When people find out we foster, they always ask the same question: How can you let them go? And that is really what we all wonder in the foster-to-adopt world, isn’t it? What if we say yes to a placement that we hope will be permanent and then have to let go?
If only there were a FAQ for this frequently asked question. You could look it up and it would give you reassuring steps to follow. Or better yet, it would say: What are you worried about? This will never happen to you.
I don’t have the answers but I can tell you that in my experience, the benefits far outweigh the risks. Any kind of adoption can fall through. Our first attempt was traditional adoption and we entered into a low-risk adoption plan. 24 hours after the baby was in our arms, he went back to his birth mother. We had two more adoptions fall through before the fourth one “took.” It turned out that our oldest daughter (now 15) was truly “meant” to be ours. Any adoption can fall through. I’d say in some ways, foster care to adopt is actually lower risk.

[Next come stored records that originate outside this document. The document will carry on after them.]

-- ===== src/Agent/Handler/Outcome.antt =====
-- What comes out of a request: rules for the sequencing, and one lemma for each case of the switch.
use pageant.Base.{
  ℕ, ◌+◌, ◌≤◌, Bool, true, false, ◌≡◌, refl, sym, ◌∙◌, Option, none, some, List, [], ◌∷◌, ◌++◌,
  arith, length, length-append, get_or, ◌⊎◌,
}
use pageant.Word32.{get_32bit_msb_first, put_32bit_msb_first}
use pageant.Word32.Bytes.{msb-IsOrder}
use pageant.Agent.Action.{
  Result, ok, failed, fault, Action, lift, ◌>>=◌, ◌>>◌, fail_if, crash_if, or_fail,
}
use pageant.Agent.Keys.{Algorithms}
use pageant.Agent.Store.{expire}
use pageant.Agent.Handler.{agent_max_msglen, ssh_agent_failure, Server, short_reply}

-- A reply: its length word is the number of bytes behind it, there is a type code, and it fits the
-- largest message.
pub record IsReply (reply : List ℕ) : Type 0 where
  pub counted : get_32bit_msb_first reply + 4 ≡ length reply
  pub typed : 5 ≤ length reply
  pub fits : length reply ≤ agent_max_msglen

-- The type code of a reply.
abbrev pub reply_type : List ℕ → ℕ
reply_type reply = get_or reply 4 0

pub put-IsReply :
    (code : ℕ) (body : List ℕ)
    → 5 + length body ≤ agent_max_msglen
    → IsReply (put_32bit_msb_first (1 + length body) ++ code ∷ body)
put-IsReply code body h =
    let n = length-append (put_32bit_msb_first (1 + length body)) (code ∷ body) in
    let l = msb-IsOrder.length-put (1 + length body) in
    record {
      counted =
          omega (arith, n, l, msb-IsOrder.get-put (1 + length body) (code ∷ body) (omega arith));
      typed = omega (arith, n, l);
      fits = omega (arith, n, l);
    }

reply_type_put :
    (n code : ℕ) (body : List ℕ) → reply_type (put_32bit_msb_first n ++ code ∷ body) ≡ code
unfolding put_32bit_msb_first
reply_type_put n code body = refl

-- The keys are those of before, less the expired ones at most.
abbrev pub Kept : {algs : Algorithms} → ℕ → Server algs → Server algs → Type 0
Kept now s s' = (s'.keys ≡ s.keys) ⊎ (s'.keys ≡ expire now s.keys)

-- What a case of the switch may come to from the server `s`: a good reply, which if it reports a
-- failure leaves the keys; a failure, which leaves them; or a fault.
pub data Outcome {algs : Algorithms} (now : ℕ) (s : Server algs)
    : Result (List ℕ) × Server algs → Type 0 where
  replied :
      {reply : List ℕ} {t : Server algs}
      → IsReply reply
      → (reply_type reply ≡ ssh_agent_failure → Kept now s t)
      → Outcome now s (ok reply, t)
  refused : {t : Server algs} → Kept now s t → Outcome now s (failed, t)
  faulted : {t : Server algs} → Outcome now s (fault, t)

module _ {algs : Algorithms} {now : ℕ} {s : Server algs} where
  after :
      {A : Type 0} (r : Result A × Server algs) (f : A → Action (Server algs) (List ℕ))
      (t : Server algs)
      → (r.0 ≡ failed → Kept now s r.1)
      → ((a : A) → r.0 ≡ ok a → Outcome now s (f a r.1))
      → Outcome now s ((◌>>=◌ {S = Server algs} (λ _. r) f) t)
  unfolding ◌>>=◌
  after (ok a, u) f t h k = k a refl
  after (failed, u) f t h k = refused (h refl)
  after (fault, u) f t h k = faulted

  -- Sequencing: what follows a step has to come to a good outcome from where the step leaves the
  -- server, and the step itself keeps the keys if it fails.
  pub >>=-Outcome :
      {A : Type 0} (m : Action (Server algs) A) (f : A → Action (Server algs) (List ℕ))
      (t : Server algs)
      → ((m t).0 ≡ failed → Kept now s (m t).1)
      → ((a : A) → (m t).0 ≡ ok a → Outcome now s (f a (m t).1))
      → Outcome now s ((m >>= f) t)
  unfolding ◌>>=◌
  >>=-Outcome m f t h k = after (m t) f t h k

  -- The steps that do not touch the keys.
  pub fail_if-Outcome :
      (b : Bool) (k : Action (Server algs) (List ℕ)) (t : Server algs)
      → (b ≡ true → Kept now s t)
      → (b ≡ false → Outcome now s (k t))
      → Outcome now s ((fail_if b >> k) t)
  unfolding ◌>>◌
  fail_if-Outcome true k t kept h = refused (kept refl)
  fail_if-Outcome false k t kept h = h refl

  pub crash_if-Outcome :
      (b : Bool) (k : Action (Server algs) (List ℕ)) (t : Server algs)
      → (b ≡ false → Outcome now s (k t))
      → Outcome now s ((crash_if b >> k) t)
  unfolding ◌>>◌
  crash_if-Outcome true k t h = faulted
  crash_if-Outcome false k t h = h refl

  pub lift-Outcome :
      {A : Type 0} (r : Result A) (f : A → Action (Server algs) (List ℕ)) (t : Server algs)
      → Kept now s t
      → ((a : A) → Outcome now s (f a t))
      → Outcome now s ((lift r >>= f) t)
  unfolding ◌>>=◌
  lift-Outcome (ok a) f t kept h = h a
  lift-Outcome failed f t kept h = refused kept
  lift-Outcome fault f t kept h = faulted

  pub or_fail-Outcome :
      {A : Type 0} (o : Option A) (f : A → Action (Server algs) (List ℕ)) (t : Server algs)
      → Kept now s t
      → ((a : A) → Outcome now s (f a t))
      → Outcome now s ((or_fail o >>= f) t)
  unfolding ◌>>=◌
  or_fail-Outcome none f t kept h = refused kept
  or_fail-Outcome (some a) f t kept h = h a

  -- The end of a case.
  pub put-Outcome :
      (n code : ℕ) (body : List ℕ) (t : Server algs)
      → n ≡ 1 + length body
      → 5 + length body ≤ agent_max_msglen
      → (code ≡ ssh_agent_failure → Kept now s t)
      → Outcome now s (ok (put_32bit_msb_first n ++ code ∷ body), t)
  put-Outcome n code body t e fits h =
      replied (rw e (put-IsReply code body fits)) λ c. h (sym (reply_type_put n code body) ∙ c)

  pub short_reply-Outcome :
      (code : ℕ) (t : Server algs)
      → (code ≡ ssh_agent_failure → Kept now s t)
      → Outcome now s (ok (short_reply code), t)
  unfolding short_reply
  short_reply-Outcome code t h = put-Outcome 1 code [] t (omega arith) (omega arith) h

When our three youngest ones first came to us, I thought there was a less than 50% chance that they would be legally free for adoption one day. We did not tell anyone we had them on legal risk. We were even evasive with our older children. We didn’t want anyone to start thinking they were ours. They came to us in at the end of February with a jury trial for removal set for April. That trial was postponed to May, then June, and finally in July the judge ordered mediation. We went to mediation without a shred of hope. By then I put our chances at about 20%. Birth mom was doing everything she had been asked to do — she’d never looked better. When we entered mediation they said, “Having you here is a formality. We do not expect anything to come out of it.” Yet shockingly, by late afternoon, Mom voluntarily relinquished the children, and then the birth fathers did too. I was in shock. I had so much adrenalin running through my system, I could have sprinted the 50 miles home.

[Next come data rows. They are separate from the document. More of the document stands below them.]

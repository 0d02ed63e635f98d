-- ===== src/Agent/Handler/Cases.antt =====
-- What each case of the switch comes to.
use pageant.Base.{ℕ, ◌+◌, refl, List, ◌++◌, arith, length, length-append, inl, inr}
use pageant.Word32.{put_32bit_msb_first}
use pageant.Word32.Bytes.{msb-IsOrder}
use pageant.Agent.Action.{◌>>=◌, ◌>>◌}
use pageant.Agent.Keys.{Algorithms}
use pageant.Agent.Store.Distinct.{keystore_add-kept, keystore_remove-kept}
use pageant.Agent.Handler.Outcome.{
  Outcome, refused, >>=-Outcome, fail_if-Outcome, crash_if-Outcome, lift-Outcome, or_fail-Outcome,
  put-Outcome, short_reply-Outcome,
}
use pageant.Agent.Store.{keystore_get_keys, keystore_get_from_blob}
use pageant.Agent.Accept.{
  Kind, request_identities, sign_request, add_identity, add_id_constrained, remove_identity,
  remove_all_identities, unknown,
}
use pageant.Agent.Signer.{signer}
use pageant.Agent.Handler.{
  Server, Surroundings, make_pubkey_blob, handle_request_identities, sign_reply,
  handle_sign_request, handle_add_identity, handle_remove_identity, handle_remove_all, handle_kind,
}

module _ {algs : Algorithms} (env : Surroundings algs) (s : Server algs) where
  pub identities-Outcome : Outcome env.now s (handle_request_identities env s)
  unfolding handle_request_identities keystore_get_keys
  identities-Outcome =
      >>=-Outcome _ _ _ (λ e. inr refl)
        λ keys e.
          fail_if-Outcome _ _ _ (λ _. inr refl)
            λ short.
              put-Outcome _ 12 (make_pubkey_blob keys) _ (omega arith) (ground arith)
                (λ c. absurd (omega arith))

  pub sign-Outcome : (src : List ℕ) → Outcome env.now s (handle_sign_request env src s)
  unfolding handle_sign_request sign_reply signer keystore_get_from_blob
  sign-Outcome src = lift-Outcome _ _ _ (inl refl) λ request.
      >>=-Outcome _ _ _ (λ e. inl refl)
        λ accepted e.
          fail_if-Outcome _ _ _ (λ _. inl refl)
            λ agreed.
              >>=-Outcome _ _ _ (λ f. inr refl)
                λ signature f. crash_if-Outcome _ _ _ λ fits.
                  let n = length-append (put_32bit_msb_first (length signature)) signature in
                  let l = msb-IsOrder.length-put (length signature) in
                  put-Outcome (5 + length signature) 14
                    (put_32bit_msb_first (length signature) ++ signature) _ (omega (arith, n, l))
                    (ground (arith, n, l, fits)) (λ c. absurd (omega arith))

  pub add-Outcome :
      (kind : Kind) (blob : List ℕ) → Outcome env.now s (handle_add_identity env kind blob s)
  unfolding handle_add_identity
  add-Outcome kind blob = lift-Outcome _ _ _ (inl refl) λ key.
      >>=-Outcome _ _ _ (λ e. inl refl)
        λ accepted e.
          fail_if-Outcome _ _ _ (λ _. inl refl)
            λ agreed.
              >>=-Outcome _ _ _ (λ f. inl refl)
                λ exists f.
                  fail_if-Outcome _ _ _ (λ _. inl refl)
                    λ new.
                      >>=-Outcome _ _ _
                        (λ f. elim (keystore_add-kept key s.keys) [
                          | inl g ↦ absurd (cc (f, g))
                          | inr g ↦ inl g
                        ])
                        λ added f.
                          fail_if-Outcome _ _ _
                            (λ e. elim (keystore_add-kept key s.keys) [
                              | inl g ↦ absurd (ground (arith, e, f, g))
                              | inr g ↦ inl g
                            ])
                            λ done. short_reply-Outcome 6 _ (λ c. absurd (omega arith))

  pub remove-Outcome : (src : List ℕ) → Outcome env.now s (handle_remove_identity env src s)
  unfolding handle_remove_identity
  remove-Outcome src = or_fail-Outcome _ _ _ (inl refl) λ first.
      lift-Outcome _ _ _ (inl refl) λ public_key.
        >>=-Outcome _ _ _ (λ e. inl refl)
          λ accepted e.
            fail_if-Outcome _ _ _ (λ _. inl refl)
              λ agreed.
                >>=-Outcome _ _ _
                  (λ f. elim (keystore_remove-kept env.now public_key s.keys) [
                    | inl g ↦ absurd (cc (f, g))
                    | inr g ↦ inr g
                  ])
                  λ removed f. short_reply-Outcome _ _ λ c.
                    elim (keystore_remove-kept env.now public_key s.keys) [
                      | inl g ↦ absurd (ground (arith, c, f, g))
                      | inr g ↦ inr g
                    ]

  remove_all-Outcome : Outcome env.now s (handle_remove_all env s)
  unfolding handle_remove_all ◌>>◌ ◌>>=◌
  remove_all-Outcome = short_reply-Outcome 6 _ (λ c. absurd (omega arith))

  pub kind-Outcome :
      (kind : Kind) (left : ℕ) (mem : List ℕ) → Outcome env.now s (handle_kind env kind left mem s)
  unfolding handle_kind
  kind-Outcome request_identities left mem = identities-Outcome
  kind-Outcome sign_request left mem = lift-Outcome _ _ _ (inl refl) λ src. sign-Outcome src
  kind-Outcome add_identity left mem =
      lift-Outcome _ _ _ (inl refl) λ blob. add-Outcome add_identity blob
  kind-Outcome add_id_constrained left mem =
      lift-Outcome _ _ _ (inl refl) λ blob. add-Outcome add_id_constrained blob
  kind-Outcome remove_identity left mem = lift-Outcome _ _ _ (inl refl) λ src. remove-Outcome src
  kind-Outcome remove_all_identities left mem = remove_all-Outcome
  kind-Outcome unknown left mem = refused (inl refl)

Later, I came to a realization of why foster care may actually be less risky than traditional adoption. In traditional, you are dealing with a birth mother who likely has no idea how she will actually feel once that baby is in her arms. She cannot plan ahead for those emotions. No matter how good-faith her adoption plan is, there is much unknown. There is also a birth father in the works who cannot be counted on until he voluntarily terminates.
In foster-to-adopt, you have a case management team. This team has been working with these kids from the beginning. Before they start looking for a legal risk home, they have identified “adoption” as the permanency plan for these children. They have exhausted the possibility of all relatives who could care for the children. They have reasons– some of which you may never know– for believing the family can never be reunited. The “unknown” is how the actual involuntary termination trial will go. If it goes before a jury, there is a risk there. If it is decided by a judge, the risk is very low. These cases do not get to the termination stage without a lot of leg work.
So yes, there is a risk, and it is a tangible one that should be considered. But in truth, there is always risk when you put your heart out there . . and you have to decide for yourself– is it worth it? I hope you say yes.